- Associated Press - Friday, October 1, 2021

JERUSALEM (AP) — The joyful glint in Peggy Parnass’ eyes is so sharp it can be seen from the walls of Jerusalem’s bustling Old City. Posted across the street at the gateway to City Hall, twin images of the Holocaust survivor and activist gaze out at the ancient warren of holy monuments of Christianity, Judaism and Islam.

But just outside this center of spirituality, someone saw her image as a problem. Five times since the photos of Parnass were posted as part of an exhibition that began in April, vandals - widely believed to be ultra-Orthodox extremists - spray-painted over her eyes and mouth.

The graffiti was cleaned each time, leaving Parnass smiling again. For many Israelis, however, the short-term fix highlighted a familiar pattern that’s all the more painful because the destruction is coming not from enemies across Israel’s borders but from within.

“It’s not anti-Semitic,” said Jim Hollander, the curator of The Lonka Project art installation at Safra Square. “This is anti-feminist.”

For all of its modernity, military firepower and high-tech know-how, Israel has for decades been unable to keep images of women from being defaced in some public spaces. Billboards showing women — including soccer players, musicians and young girls — have been repeatedly defaced and torn down by religious extremists in Jerusalem and other cities with large ultra-Orthodox populations over the past 20 years.

Even German Chancellor Angela Merkel was erased from a 2015 photograph of world leaders in Paris published by an ultra-Orthodox newspaper.

The pattern is especially uncomfortable now.

“This is not Kabul, this is Jerusalem,” said Fleur Hassan-Nahoum, a Jerusalem deputy mayor. “This is a concerted campaign by radicals to erase women from the public space, which belongs to all of us.”

The double photo of 94-year-old Parnass, who lives in Germany, is posted on an outside wall of Jerusalem’s City Hall complex.

Hollander said he specifically chose it among dozens of others posted around the complex to hang in the marquee spot because it projects vitality, perseverance and survival across one of Israel’s most famous expanses. Its central location makes it visible to thousands every day.

The vandalism is widely blamed on a small number of fringe members of the insular ultra-Orthodox community, which emphasizes modesty among women and has traditionally carried outsized influence in Israeli politics. The photo is posted next to a street that borders an ultra-Orthodox neighborhood and is a popular walkway to the Old City’s Western Wall, the holiest Jewish prayer site.
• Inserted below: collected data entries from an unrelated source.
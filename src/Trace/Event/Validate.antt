-- ===== src/Trace/Event/Validate.antt =====
-- src/trace/event.cpp: which events are valid, and which of them create or end a generation.
use noleax.Prelude.{Bool, true, false, not, ◌&&◌, ◌||◌, if◌then◌else◌, ◌==◌, ◌!=◌}
use noleax.Prelude.Error.{event_validation_error, Result, ok, ◌>>◌, throw_if}
use noleax.Trace.Identifiers.{Identifier, is_valid}
use noleax.Trace.Event.{
  EventStatus, SystemErrorDomain, ProcessMemoryScope, ReallocationEffect, EventHeader,
  ProcessTarget, HeapCreateEvent, HeapDestroyEvent, AllocationEvent, ReallocationEvent, FreeEvent,
  EventPayload, Event, is_success, is_failure, is_unmatched, is_preexisting, is_current_process,
  is_no_change, is_new_generation, is_freed,
}
use Prim.Native.String.{String}

unfoldable pub is_known_status : EventStatus → Bool
is_known_status (EventStatus.other n) = false
is_known_status _ = true

unfoldable pub is_known_error_domain : SystemErrorDomain → Bool
is_known_error_domain (SystemErrorDomain.other n) = false
is_known_error_domain _ = true

unfoldable pub is_known_process_scope : ProcessMemoryScope → Bool
is_known_process_scope (ProcessMemoryScope.other n) = false
is_known_process_scope _ = true

unfoldable pub is_known_reallocation_effect : ReallocationEffect → Bool
is_known_reallocation_effect (ReallocationEffect.other n) = false
is_known_reallocation_effect _ = true

unfoldable pub call_succeeded : EventStatus → Bool
call_succeeded status = not (is_failure status)

-- `if (test) fail(message);`
abbrev pub fail_if : Bool → String → Result (Unit {0})
fail_if test message = throw_if test (event_validation_error message)

-- The message is the one that the operation's name and the fixed text make together.
unfoldable pub validate_call_result_status : EventStatus → String → Result (Unit {0})
validate_call_result_status status message =
    fail_if (not (is_success status) && not (is_failure status)) message

abbrev is_none : SystemErrorDomain → Bool
is_none SystemErrorDomain.none = true
is_none _ = false

unfoldable pub validate_header : EventHeader → Result (Unit {0})
unfolding is_known_status is_known_error_domain
validate_header header = do
  fail_if (not (is_valid header.sequence)) "event sequence must not be zero"
  fail_if (not (is_known_status header.status)) "event status is not supported"
  fail_if (not (is_known_error_domain header.system_error.domain))
      "event error domain is not supported"
  fail_if (is_none header.system_error.domain && header.system_error.code != 0)
      "an event without an error domain must have a zero error code"

unfoldable pub validate_heap_create : EventHeader → HeapCreateEvent → Result (Unit {0})
unfolding validate_call_result_status call_succeeded
validate_heap_create header event = do
  validate_call_result_status header.status "heap create status must be success or failure"
  if call_succeeded header.status
      then fail_if (event.heap_handle == 0 || not (is_valid event.heap_id))
          "successful heap create must have a handle and heap_id"
      else fail_if (is_valid event.heap_id) "failed heap create must not have a heap_id"

-- `status == kUnmatched || status == kPreexisting`
abbrev is_unknown_origin : EventStatus → Bool
is_unknown_origin status = is_unmatched status || is_preexisting status

unfoldable pub validate_heap_destroy : EventHeader → HeapDestroyEvent → Result (Unit {0})
validate_heap_destroy header event = do
  fail_if (is_success header.status && not (is_valid event.heap_id))
      "matched successful heap destroy must have a heap_id"
  fail_if (is_unknown_origin header.status && is_valid event.heap_id)
      "unmatched or preexisting heap destroy must not have a heap_id"

unfoldable pub validate_allocation : EventHeader → AllocationEvent → Result (Unit {0})
unfolding validate_call_result_status call_succeeded
validate_allocation header event = do
  validate_call_result_status header.status "allocation status must be success or failure"
  if call_succeeded header.status
      then fail_if (event.result_address == 0 || not (is_valid event.allocation_id))
          "successful allocation must have an address and allocation_id"
      else fail_if (event.result_address != 0 || is_valid event.allocation_id)
          "failed allocation must not have a result address or allocation_id"

-- The `switch` on the effect of a successful call.
unfoldable pub validate_reallocation_effect :
    ReallocationEvent → ReallocationEffect → Result (Unit {0})
validate_reallocation_effect event ReallocationEffect.no_change =
    fail_if (event.result_address != 0 || is_valid event.new_allocation_id)
      "no-change reallocation must not have a result or new allocation_id"
validate_reallocation_effect event ReallocationEffect.new_generation = do
  fail_if (event.result_address == 0 || not (is_valid event.new_allocation_id))
      "successful reallocation must have a result and new allocation_id"
  fail_if (is_valid event.old_allocation_id && event.old_allocation_id == event.new_allocation_id)
      "reallocation generations must have different allocation IDs"
validate_reallocation_effect event ReallocationEffect.freed = do
  fail_if (not (is_valid event.old_allocation_id))
      "freeing reallocation must identify the old generation"
  fail_if (event.result_address != 0 || is_valid event.new_allocation_id)
      "freeing reallocation must not have a result or new allocation_id"
validate_reallocation_effect event (ReallocationEffect.other n) = ok tt

unfoldable pub validate_reallocation : EventHeader → ReallocationEvent → Result (Unit {0})
unfolding is_known_reallocation_effect call_succeeded validate_reallocation_effect
validate_reallocation header event = do
  fail_if (not (is_known_reallocation_effect event.effect)) "reallocation effect is not supported"
  fail_if (is_unknown_origin header.status && is_valid event.old_allocation_id)
      "unmatched or preexisting reallocation must not have an old allocation_id"
  if call_succeeded header.status
      then validate_reallocation_effect event event.effect
      else fail_if
          (not (is_no_change event.effect)
            || event.result_address != 0
            || is_valid event.new_allocation_id)
          "failed reallocation must preserve the old generation and have no new generation"

unfoldable pub validate_free : EventHeader → FreeEvent → Result (Unit {0})
validate_free header event = do
  fail_if (is_success header.status && not (is_valid event.allocation_id))
      "matched successful free must have an allocation_id"
  fail_if (is_unknown_origin header.status && is_valid event.allocation_id)
      "unmatched or preexisting free must not have an allocation_id"

unfoldable pub validate_mapping_creation :
    EventHeader → ProcessTarget → Identifier → Result (Unit {0})
unfolding is_known_process_scope call_succeeded
validate_mapping_creation header target mapping_id = do
  fail_if (not (is_known_process_scope target.scope)) "process memory scope is not supported"
  fail_if
      (not (is_success header.status)
        && not (is_failure header.status)
        && not (is_preexisting header.status))
      "mapping creation status must be success, failure, or preexisting"
  fail_if (not (call_succeeded header.status) && is_valid mapping_id)
      "failed virtual memory operation must not have a mapping_id"
  fail_if (not (is_current_process target.scope) && is_valid mapping_id)
      "non-local virtual memory events must not have a mapping_id"
  fail_if
      (call_succeeded header.status && is_current_process target.scope && not (is_valid mapping_id))
      "successful current-process mapping must have a mapping_id"

unfoldable pub validate_mapping_end : EventHeader → ProcessTarget → Identifier → Result (Unit {0})
unfolding is_known_process_scope
validate_mapping_end header target mapping_id = do
  fail_if (not (is_known_process_scope target.scope)) "process memory scope is not supported"
  fail_if (not (is_current_process target.scope) && is_valid mapping_id)
      "non-local virtual memory events must not have a mapping_id"
  fail_if (is_unknown_origin header.status && is_valid mapping_id)
      "unmatched or preexisting virtual memory event must not have a mapping_id"
  fail_if (is_success header.status && is_current_process target.scope && not (is_valid mapping_id))
      "matched successful local virtual memory event must have a mapping_id"

unfoldable pub allocation_creates_generation : EventHeader → AllocationEvent → Bool
unfolding call_succeeded
allocation_creates_generation header event =
    call_succeeded header.status && is_valid event.allocation_id

unfoldable pub reallocation_ends_old_generation : EventHeader → ReallocationEvent → Bool
unfolding call_succeeded
reallocation_ends_old_generation header event =
    call_succeeded header.status
    && is_valid event.old_allocation_id
    && (is_new_generation event.effect || is_freed event.effect)

unfoldable pub reallocation_creates_new_generation : EventHeader → ReallocationEvent → Bool
unfolding call_succeeded
reallocation_creates_new_generation header event =
    call_succeeded header.status
    && is_new_generation event.effect
    && is_valid event.new_allocation_id

unfoldable pub free_ends_generation : EventHeader → FreeEvent → Bool
unfolding call_succeeded
free_ends_generation header event = call_succeeded header.status && is_valid event.allocation_id

unfoldable pub heap_destroy_ends_generations : EventHeader → HeapDestroyEvent → Bool
unfolding call_succeeded
heap_destroy_ends_generations header event = call_succeeded header.status && is_valid event.heap_id

-- The `std::visit` of `validate_event`.
unfoldable pub validate_payload : EventHeader → EventPayload → Result (Unit {0})
validate_payload header (EventPayload.heap_create event) = validate_heap_create header event
validate_payload header (EventPayload.heap_destroy event) = validate_heap_destroy header event
validate_payload header (EventPayload.allocation event) = validate_allocation header event
validate_payload header (EventPayload.reallocation event) = validate_reallocation header event
validate_payload header (EventPayload.free event) = validate_free header event
validate_payload header (EventPayload.vm_allocate event) =
    validate_mapping_creation header event.target event.mapping_id
validate_payload header (EventPayload.vm_free event) =
    validate_mapping_end header event.target event.mapping_id
validate_payload header (EventPayload.map event) =
    validate_mapping_creation header event.target event.mapping_id
validate_payload header (EventPayload.unmap event) =
    validate_mapping_end header event.target event.mapping_id

unfoldable pub validate_event : Event → Result (Unit {0})
validate_event event = do validate_header event.header; validate_payload event.header event.payload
Ultra-Orthodox Jews make up about 12.6% of Israel’s population of 9.3 million. That community’s population is growing faster than those of other Israeli Jews and Arabs, according to the Israel Democracy Institute, a nonpartisan Jerusalem think tank. A majority of Jerusalem’s Jewish community is ultra-Orthodox, the institute said.

There is a difference, one expert cautioned, between the more pragmatic mainstream ultra-Orthodox Judaism and the vandals defacing photos of women.

“In the mainstream, they know that the world outside is functioning in a different way,” said Gilad Malach, who leads the ultra-Orthodox program at the Israel Democracy Institute. “And they know that in some situations, they need to cooperate with that.”

In the mainstream Orthodox community, some women have begun to push back on social media.

“The men aren’t in charge there,” said Kerry Bar-Cohn, 48, an Orthodox chiropractor and performer who a few years ago started posting YouTube videos of herself singing children’s songs. Recently, she tried to publish an ad in a local circular with her photo on it, and was refused.

“It’s straight-out discrimination,” said Bar-Cohn, wife of a rabbi and a mother of four. “I was thinking I want to sue them, but No. 1, who has the time? And No. 2, you don’t want to be that person.”

Advocates say erasing women carries dire societal risks.

“You don’t see women, you don’t hear their needs and their needs are not met,” said Shoshanna Keats Jaskoll, 46.

Keats Jaskoll recently launched a subscription-only photo bank of what she calls “positive” images of Orthodox women called Chochmat Nashim, or “women’s wisdom.” The idea is to sell images of women that are acceptable to an Orthodox audience and better understood by people in general.

None of these initiatives has halted the constant wave of vandalism.

The Israel Religious Action Center, which is connected to the liberal Reform movement of Judaism, has tracked the vandalism and other attacks on women’s images for five years and filed a court petition to compel the city of Jerusalem to crack down.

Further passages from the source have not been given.